_Work order:_ Range to reproduce from the entries below: the line with "encode_last : (e", the line with "next_group : (m", and every line in between. Give them exactly and give nothing else.

· · ·

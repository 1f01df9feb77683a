-- ===== src/Mqtt/Client/RemainLen.antt =====
-- core/aiot_mqtt_api.c: the remaining length, written and read back.
use aliyun_iot_arm.Prelude.{
  ℕ, zero, suc, ◌+◌, ◌*◌, ◌/◌, ◌%◌, ◌^◌, ◌≤◌, ◌<◌, ◌≡◌, ap, ◌⊎◌, inl, inr, true, [], ◌∷◌, ◌++◌,
  arith, bit_and, bit_or, ltb, ◌==◌, if◌then◌else◌, Bool-cases, length, take, drop, pos, Bytes,
}
use native.Mathlib.Nat.{div-add-mod, pow-suc, one-le-pow, le-mul_of_pos_right}
use aliyun_iot_arm.Prelude.Bits.{bit_and_127, bit_and_128, bit_or_128}
use aliyun_iot_arm.Mqtt.Codes.{state_success}
use aliyun_iot_arm.Mqtt.Wire.{remain_len_loop, remain_len_encode}
use aliyun_iot_arm.Mqtt.Client.State.{Port, Handle}
use aliyun_iot_arm.Mqtt.Client.Net.{read, remainlen_loop, read_remainlen}

-- A connection that has received some bytes, which the port layer hands out in order: a read gives
-- what is there, up to the length that was asked for.
abbrev pub byte_stream : Port Bytes
byte_stream = record {
  malloc = λ s. (true, s);
  time = λ s. (0, s);
  send = λ packet s. (pos (length packet), s);
  recv = λ n s. (pos (length (take n s)), take n s, drop n s);
  deinit = λ s. [];
}

-- A byte of the encoding carries seven bits and a flag.
last_byte : (n : ℕ) → n < 128 → (bit_and n 127 ≡ n) × (bit_and n 128 ≡ 0)
last_byte n h = ground (arith, bit_and_127 n, bit_and_128 n)

inner_byte :
    (n : ℕ)
    → (bit_and (bit_or (n % 128) 128) 127 ≡ n % 128) × (bit_and (bit_or (n % 128) 128) 128 ≡ 128)
inner_byte n =
    ground (arith, bit_or_128 (n % 128), bit_and_127 (n % 128 + 128), bit_and_128 (n % 128 + 128))

read_one :
    (h : Handle) (ch : ℕ) (s : Bytes)
    → h.network ≡ true
    → read byte_stream h 1 (ch ∷ s) ≡ (pos 1, ch ∷ [], s)
unfolding read
read_one h ch s open' = rw open'

-- One round of the reading loop on a byte of the stream.
loop_step :
    (fuel : ℕ) (h : Handle) (multiplier sum ch : ℕ) (s : Bytes)
    → h.network ≡ true
    → multiplier ≤ 128 * 128 * 128
    → remainlen_loop byte_stream (suc fuel) h multiplier sum (ch ∷ s) ≡ (
        if bit_and ch 128 == 0
        then (state_success, (sum + bit_and ch 127 * multiplier) % 2 ^ 32, s)
        else remainlen_loop byte_stream fuel h
            (multiplier * 128)
            ((sum + bit_and ch 127 * multiplier) % 2 ^ 32)
            s)
unfolding remainlen_loop
loop_step fuel h multiplier sum ch s open' small =
    rw (read_one h ch s open', remainlen_loop) (ground arith)

-- The last byte ends the loop, an inner one goes on with the next seven bits.
loop_last :
    (fuel : ℕ) (h : Handle) (multiplier sum n : ℕ) (s : Bytes)
    → h.network ≡ true
    → multiplier ≤ 128 * 128 * 128
    → n < 128
    → sum + n * multiplier < 2 ^ 32
    → remainlen_loop byte_stream (suc fuel) h multiplier sum (n ∷ s)
      ≡ (state_success, sum + n * multiplier, s)
loop_last fuel h multiplier sum n s open' small hn fits =
    ground (arith, loop_step fuel h multiplier sum n s open' small, last_byte n hn)

loop_inner :
    (fuel : ℕ) (h : Handle) (multiplier sum n : ℕ) (s : Bytes)
    → h.network ≡ true
    → multiplier ≤ 128 * 128 * 128
    → sum + n % 128 * multiplier < 2 ^ 32
    → remainlen_loop byte_stream (suc fuel) h multiplier sum (bit_or (n % 128) 128 ∷ s)
      ≡ remainlen_loop byte_stream fuel h (multiplier * 128) (sum + n % 128 * multiplier) s
loop_inner fuel h multiplier sum n s open' small fits =
    ground
      (arith, loop_step fuel h multiplier sum (bit_or (n % 128) 128) s open' small, inner_byte n)

split_group : (n m : ℕ) → n * m ≡ n % 128 * m + n / 128 * (m * 128)
split_group n m = omega (arith, ap (λ (t : ℕ). t * m) (div-add-mod n 128))

encode_last : (e n : ℕ) → n < 128 → remain_len_loop (suc e) n ≡ n ∷ []
unfolding remain_len_loop
encode_last e n less = ground arith

encode_inner :
    (e n : ℕ)
    → 128 ≤ n
    → remain_len_loop (suc e) n ≡ bit_or (n % 128) 128 ∷ remain_len_loop e (n / 128)
unfolding remain_len_loop
encode_inner e n more = ground arith

lt_or_le : (m n : ℕ) → (n < m) ⊎ (m ≤ n)
lt_or_le m n = elim (Bool-cases (ltb n m)) [
  | inl e ↦ inl (ground arith)
  | inr e ↦ inr (ground arith)
]

one_group : (m k : ℕ) → m * 128 ^ suc k ≤ 128 * 128 * 128 → m ≤ 128 * 128 * 128
one_group m k small =
    omega (arith, le-mul_of_pos_right {m = 128 ^ suc k} m (one-le-pow (suc k) 128 (omega arith)))

next_group : (m k : ℕ) → m * 128 ^ suc k ≤ 128 * 128 * 128 → m * 128 * 128 ^ k ≤ 128 * 128 * 128
next_group m k small = omega (arith, ap (λ t. m * t) (pow-suc 128 k))

div_group : (n k : ℕ) → n < 128 ^ suc (suc k) → n / 128 < 128 ^ suc k
div_group n k hn = omega (arith, pow-suc 128 (suc k))

loop-encode :
    (k e f : ℕ) (h : Handle) (multiplier sum n : ℕ) (s : Bytes)
    → k < e
    → k < f
    → h.network ≡ true
    → multiplier * 128 ^ k ≤ 128 * 128 * 128
    → n < 128 ^ suc k
    → sum + n * multiplier < 2 ^ 32
    → remainlen_loop byte_stream f h multiplier sum (remain_len_loop e n ++ s)
      ≡ (state_success, sum + n * multiplier, s)
loop-encode k zero f h multiplier sum n s he hf open' small hn fits = elim he [ ]
loop-encode k (suc e) zero h multiplier sum n s he hf open' small hn fits = elim hf [ ]
loop-encode zero (suc e) (suc f) h multiplier sum n s he hf open' small hn fits =
    rw (encode_last e n (ground (arith, pow-suc 128 zero))) (
      loop_last f h multiplier sum n s open' (ground arith) (ground (arith, pow-suc 128 zero)) fits)
loop-encode (suc k) (suc e) (suc f) h multiplier sum n s he hf open' small hn fits =
    elim (lt_or_le 128 n) [
      | inl less ↦
          rw (encode_last e n less)
            (loop_last f h multiplier sum n s open' (one_group multiplier k small) less fits)
      | inr more ↦
          let groups = split_group n multiplier in
          rw
            (
              encode_inner e n more,
              loop_inner f h multiplier sum n (remain_len_loop e (n / 128) ++ s) open'
                  (one_group multiplier k small) (ground arith),
              loop-encode k e f h (multiplier * 128) (sum + n % 128 * multiplier) (n / 128) s
                  (ground arith) (ground arith) open' (next_group multiplier k small)
                  (div_group n k hn) (ground arith),
            )
            (ap (λ t. (state_success, t, s)) (ground (arith, split_group n multiplier)))
    ]

-- What `_core_mqtt_remain_len_encode` writes, `_core_mqtt_read_remainlen` reads back from an open
-- connection, whatever follows it there: it succeeds with the length, and leaves what follows unread.
-- The length is below 128^4, which is what four bytes hold.
pub read_remainlen-encode :
    (h : Handle) (n : ℕ) (s : Bytes)
    → h.network ≡ true
    → n < 128 ^ 4
    → read_remainlen byte_stream h (remain_len_encode n ++ s) ≡ (state_success, n, s)
unfolding read_remainlen remain_len_encode
read_remainlen-encode h n s open' small =
    rw
      (loop-encode 3 5 5 h 1 0 n s (omega arith) (omega arith) open' (omega arith) small
        (ground arith))
      (ap (λ t. (state_success, t, s)) (omega arith))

· · ·

_Exercise output:_
encode_last : (e n : ℕ) → n < 128 → remain_len_loop (suc e) n ≡ n ∷ []
unfolding remain_len_loop
encode_last e n less = ground arith

encode_inner :
    (e n : ℕ)
    → 128 ≤ n
    → remain_len_loop (suc e) n ≡ bit_or (n % 128) 128 ∷ remain_len_loop e (n / 128)
unfolding remain_len_loop
encode_inner e n more = ground arith

lt_or_le : (m n : ℕ) → (n < m) ⊎ (m ≤ n)
lt_or_le m n = elim (Bool-cases (ltb n m)) [
  | inl e ↦ inl (ground arith)
  | inr e ↦ inr (ground arith)
]

one_group : (m k : ℕ) → m * 128 ^ suc k ≤ 128 * 128 * 128 → m ≤ 128 * 128 * 128
one_group m k small =
    omega (arith, le-mul_of_pos_right {m = 128 ^ suc k} m (one-le-pow (suc k) 128 (omega arith)))

next_group : (m k : ℕ) → m * 128 ^ suc k ≤ 128 * 128 * 128 → m * 128 * 128 ^ k ≤ 128 * 128 * 128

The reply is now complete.